Figure 1. Hero Sky: Epic Guild Wars
Innospark, maker of Hero Sky: Epic Guild Wars, has significant experience in mobile game development using a variety of commercial game engines and also has its own in-house game engine. Hero Sky: Epic Guild Wars is its first Unity-based game launched for the global market. With an increasing number of downloads from the Google Play* store, the company began to get complaints that the game did not work and that it lagged on some Intel processor-based devices with Android . So Innospark decided to port and optimize the game for Android OS on Intel architecture. This article explains what Innospark did for optimization with profiling results from Intel® Graphics Performance Analyzers (Intel® GPA), like changing drawing order and removing unneeded alpha blending.
Introduction
Hero Sky: Epic Guild Wars is an online combat strategy style game supporting full 3D graphics. Innospark developed and optimized it on an Intel® Atom™ processor-based platform (code named Bay Trail). The Bay Trail reference design and specifications are listed below.
CPU
| Intel® Atom™ processor
Quad Core 1.46 Ghz
|
OS
| Android* 4.4.4
|
RAM
| 2GB
|
Resolution
| 1920x1200
|
3DMark* ICE Storm Unlimited Score
| 10,386
|
Graphics score
| 9,274
|
Physics score
| 17,899
|
Table 1. Bay Trail 8” reference design specification and 3DMark* score
Below is a graph showing a performance comparison between non-native x86 and native x86 code on the Bay Trail reference design.
Figure 2. Performance gains with x86 native support
Software and workloads used in performance tests may have been optimized for performance only on Intel microprocessors. Performance tests, such as SYSmark* and MobileMark*, are measured using specific computer systems, components, software, operations and functions. Any change to any of those factors may cause the results to vary. You should consult other information and performance tests to assist you in fully evaluating your contemplated purchases, including the performance of that product when combined with other products. For more information go to http://www.intel.com/performance.
After the game was ported for Android on Intel architecture, the CPU load decreased about 7.1%, FPS increased about 27.8% and execution time decreased about 32.6%. However, GPU Busy increased about 26.7% because FPS increased.
Innospark used Intel GPA to find CPU and GPU bottlenecks during development and used the analysis to solve graphics issues and performance.

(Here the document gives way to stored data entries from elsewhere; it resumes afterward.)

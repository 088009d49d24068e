-- ===== src/Calls/Flow/Enter.antt =====
-- What a call leaves: `prepare_call` of fuel-vm/src/interpreter/flow.rs.
use fuel_vm.Reg
use fuel_vm.Prelude.{ℕ, ◌+◌, ◌≤◌, ◌≡◌, ◌≢◌, ap, ◌∙◌, List, ◌∷◌, arith, word_max}
use fuel_vm.Outcome.{ok}
use fuel_vm.Vm.{CallFrame, Registers, instruction_size}
use fuel_vm.Vm.Gas.{base_cost}
use fuel_vm.Calls.Receipts
use fuel_vm.Calls.Receipts.{Bytes32, Receipt, ReceiptsCtx}
use fuel_vm.Calls.Frame.{serialized_size}
use fuel_vm.Calls.{Interpreter, Parameters, current_contract}
use fuel_vm.Calls.Binds.{Ends, Ends-bind, Ends-ok, Ends-map}
use fuel_vm.Calls.Quiet.{
  QuietVm, QuietVm-trans, gets-Quietly, from_result-Quietly, Quiet-trans, quiet-Ends,
  gas_charge-Quietly, dependent_gas_charge_without_base-Quietly, forward_coins-Quietly,
}
use fuel_vm.Calls.Flow.Return.{return_from_context_lem}
use fuel_vm.Calls.Flow.{return_from_context, prepare_call}
use fuel_vm.Calls.Flow.Steps.{
  Started, read_callee-Quietly, forward_gas-Ends, new_call_frame-Ends, enter_frame-Ends,
  start_code-Ends,
}

-- The callee's machine: `t` is the state after a call from `s`.
pub record Entered (amount : ℕ) (s t : Interpreter) (frame : CallFrame) : Type 0 where
  pub frames : t.vm.frames ≡ frame ∷ s.vm.frames
  pub saved : (r : ℕ) → r ≢ Reg.cgas → r ≢ Reg.ggas → frame.registers r ≡ s.vm.registers r
  pub gas : t.vm.registers Reg.cgas + frame.registers Reg.cgas ≤ s.vm.registers Reg.cgas
  pub charged :
      t.vm.registers Reg.cgas + frame.registers Reg.cgas + s.vm.registers Reg.ggas
      ≡ s.vm.registers Reg.cgas + frame.registers Reg.ggas
  pub fp : t.vm.registers Reg.fp ≡ s.vm.registers Reg.sp
  pub pc : t.vm.registers Reg.pc ≡ s.vm.registers Reg.sp + serialized_size
  pub is : t.vm.registers Reg.is ≡ t.vm.registers Reg.pc
  pub ssp : t.vm.registers Reg.ssp ≡ t.vm.registers Reg.sp
  pub bal : t.vm.registers Reg.bal ≡ amount
  pub flag : t.vm.registers Reg.flag ≡ 0

entered :
    {amount gas : ℕ} {s₉ u : Interpreter} (s t s₈ : Interpreter) {frame : CallFrame}
    → QuietVm s.vm s₈.vm
    → s₈.vm.registers Reg.cgas + gas ≤ s.vm.registers Reg.cgas
    → s₈.vm.registers Reg.cgas + gas + s.vm.registers Reg.ggas
      ≡ s.vm.registers Reg.cgas + s₈.vm.registers Reg.ggas
    → frame.registers ≡ s₈.vm.registers
    → (s₉.vm.registers Reg.fp ≡ s₈.vm.registers Reg.sp)
      × (s₉.vm.registers Reg.ssp ≡ s₉.vm.registers Reg.sp)
      × (s₉.vm.frames ≡ s₈.vm.frames)
    → t.vm.frames ≡ frame ∷ s₉.vm.frames
    → Started amount gas s₉ u
    → t.vm.registers ≡ u.vm.registers
    → Entered amount s t frame
entered {s₉ = s₉} {u = u} s t s₈ {frame} q g c f (fp, ssp, frames) k st l =
    let at : (r : ℕ) → t.vm.registers r ≡ u.vm.registers r =
      λ r. ap (λ (regs : Registers). regs r) l in
    let sp = q.others Reg.sp (omega arith) (omega arith) in
    record {
      frames = k ∙ ap (λ (fs : List CallFrame). frame ∷ fs) (frames ∙ q.frames);
      saved = λ r a b. ap (λ (regs : Registers). regs r) f ∙ q.others r a b;
      gas = omega (arith, at Reg.cgas, st.cgas, ap (λ (regs : Registers). regs Reg.cgas) f);
      charged = omega (
        arith,
        at Reg.cgas,
        st.cgas,
        c,
        ap (λ (regs : Registers). regs Reg.cgas) f,
        ap (λ (regs : Registers). regs Reg.ggas) f,
      );
      fp = omega (arith, at Reg.fp, st.fp, fp, sp);
      pc = omega (arith, at Reg.pc, st.pc, fp, sp);
      is = omega (arith, at Reg.is, st.is, at Reg.pc);
      ssp = omega (arith, at Reg.ssp, st.ssp, ssp, st.sp, at Reg.sp);
      bal = omega (arith, at Reg.bal, st.bal);
      flag = omega (arith, at Reg.flag, st.flag);
    }

prepare_call-Ends :
    (p : Parameters) (a amount b limit : ℕ) (s : Interpreter)
    → Ends
        (λ _ t. (frame : CallFrame) × Entered amount s t frame)
        (prepare_call p a amount b limit)
        s
unfolding prepare_call
prepare_call-Ends p a amount b limit s =
    Ends-bind (quiet-Ends (gas_charge-Quietly (base_cost p.call)) s) λ _ s₁ q₁.
      Ends-bind (quiet-Ends (gets-Quietly current_contract) s₁) λ r s₂ q₂.
        Ends-bind (quiet-Ends (from_result-Quietly r) s₂) λ source s₃ q₃.
          Ends-bind (quiet-Ends (read_callee-Quietly a b) s₃) λ callee s₄ q₄.
            Ends-bind
              (quiet-Ends (dependent_gas_charge_without_base-Quietly p.call callee.code_size_padded)
                s₄)
              λ _ s₅ q₅.
                Ends-bind
                  (quiet-Ends (forward_coins-Quietly p source callee.call.to callee.asset_id amount)
                    s₅)
                  λ _ s₆ q₆. Ends-bind (forward_gas-Ends limit s₆) λ gas s₇ (q₇, g, y).
                    Ends-bind (new_call_frame-Ends callee s₇) λ frame s₈ (q₈, f).
                      Ends-bind (enter_frame-Ends frame callee s₈) λ id s₉ e.
                        Ends-map
                          (λ _ t (k, (u, st, l)).
                            let before = Quiet-trans q₁ (
                              Quiet-trans q₂
                                (Quiet-trans q₃ (Quiet-trans q₄ (Quiet-trans q₅ q₆)))) in
                            (
                              frame,
                              entered s t s₈
                                  (QuietVm-trans before.machine (QuietVm-trans q₇ q₈.machine))
                                  (omega (arith, q₈.machine.less_gas, before.machine.less_gas))
                                  (omega (arith, before.spent, q₈.spent, g, y)) f e k st l,
                            ))
                          (start_code-Ends p frame callee id amount gas s₉)

-- A call that succeeds puts a frame with the caller's registers on the frames and starts the callee
-- behind it: `$fp` is the caller's `$sp`, `$pc` and `$is` are the start of the code, `$ssp` and
-- `$sp` agree, `$bal` is the amount, the flags are clear, and the gas of the frame and of the callee
-- are no more than the caller has had.
pub prepare_call_lem :
    (p : Parameters) (a amount b limit : ℕ) (s : Interpreter)
    → (prepare_call p a amount b limit s).0 ≡ ok tt
    → (frame : CallFrame) × Entered amount s (prepare_call p a amount b limit s).1 frame
prepare_call_lem p a amount b limit s e = Ends-ok (prepare_call-Ends p a amount b limit s) e

-- A call that succeeds, any execution of the callee that leaves the frames as the call has left
-- them, and a return that has room for its receipt: the caller goes on behind its call with its own
-- registers, but for gas, result and heap pointer, and the global gas stays. Its gas is the frame's
-- and the rest of the callee's, where those of the frame and of the callee at its start are all
-- that the caller has had, less what both counters have paid before the frame was made.
pub prepare_call-return_from_context :
    (p : Parameters) (a amount b limit : ℕ) (s t : Interpreter) (receipt : Receipt)
    {ctx : ReceiptsCtx}
    → (prepare_call p a amount b limit s).0 ≡ ok tt
    → t.vm.frames ≡ (prepare_call p a amount b limit s).1.vm.frames
    → t.vm.registers Reg.cgas + s.vm.registers Reg.cgas ≤ word_max
    → s.vm.registers Reg.pc + instruction_size ≤ word_max
    → Receipts.push p.sha256 p.to_bytes receipt t.receipts ≡ ok ctx
    → (u : Interpreter) × (return_from_context p receipt t ≡ (ok tt, u))
      × (u.vm.frames ≡ s.vm.frames)
      × (u.vm.registers Reg.pc ≡ s.vm.registers Reg.pc + instruction_size)
      × ((r : ℕ)
          → r ≢ Reg.pc
          → r ≢ Reg.cgas
          → r ≢ Reg.ggas
          → r ≢ Reg.ret
          → r ≢ Reg.retl
          → r ≢ Reg.hp
          → u.vm.registers r ≡ s.vm.registers r)
      × (u.vm.registers Reg.cgas + (prepare_call p a amount b limit s).1.vm.registers Reg.cgas
          ≤ s.vm.registers Reg.cgas + t.vm.registers Reg.cgas)
      × (u.vm.registers Reg.ggas ≡ t.vm.registers Reg.ggas)
      × ((frame : CallFrame) × ((prepare_call p a amount b limit s).1.vm.frames
            ≡ frame ∷ s.vm.frames)
          × (u.vm.registers Reg.cgas ≡ t.vm.registers Reg.cgas + frame.registers Reg.cgas)
          × ((prepare_call p a amount b limit s).1.vm.registers Reg.cgas
                + frame.registers Reg.cgas
                + s.vm.registers Reg.ggas
              ≡ s.vm.registers Reg.cgas + frame.registers Reg.ggas))
prepare_call-return_from_context p a amount b limit s t receipt e f g h k =
    let (frame, n) = prepare_call_lem p a amount b limit s e in
    let pc = n.saved Reg.pc (omega arith) (omega arith) in
    let (u, run, r) =
      return_from_context_lem p receipt t frame s.vm.frames (f ∙ n.frames) (omega (arith, n.gas))
        (omega (arith, pc)) k in
    (
      u,
      run,
      r.frames,
      omega (arith, r.pc, pc),
      λ i c₁ c₂ c₃ c₄ c₅ c₆. r.others i c₁ c₂ c₃ c₄ c₅ c₆ ∙ n.saved i c₂ c₃,
      omega (arith, r.cgas, n.gas),
      r.ggas,
      (frame, n.frames, r.cgas, n.charged),
    )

Intel GPA System Analyzer measured 59.01 FPS as the baseline performance. Graphics Frame Analyzer, which measures FPS only on the GPU side, measured 120.9 FPS. The reason the FPSs are different is that System Analyzer is monitoring live activity of the process, which includes both CPU and GPU work and Graphics Frame Analyzer includes GPU-related work with the CPU activities directly related to submission of data to the driver and GPU.
Deep-dive analysis using Graphics Frame Analyzer
Figure 3 Screen capture of the baseline version
After being ported, the game showed 59.01 FPS. We analyzed it in more detail using the Graphics Frame Analyzer in order to decrease the GPU Busy and CPU Load. The tables below show the information captured using the Graphics Frame Analyzer.
Total Primitive Count
| 4,376
|
GPU Duration, ms
| 8.56 ms
|
Time to show frame, ms
| 9.35 ms
|
Table 2. Baseline frame information
Type
| Erg
| GPU Duration (ms)
| GPU Memory Read(MB)
| GPU Memory Write(MB)
|
Sky
| 1
| 1.43 ms
| 0.2 MB
| 7.6 MB
|
Terrain
| 5
| 1.89 ms
| 9.4 MB
| 8.2 MB
|
Table 3. The high draw call cost of the baseline version
Analyze and optimize high draw call
Remove unneeded alpha blending
When a display object uses alpha blending, the runtime must combine the color values of every stacked display object and the background color to determine the final color. Thus, alpha blending can be more processor-intensive than drawing an opaque color. This extra computation can hurt performance on slow devices. So we want to remove unneeded alpha blending.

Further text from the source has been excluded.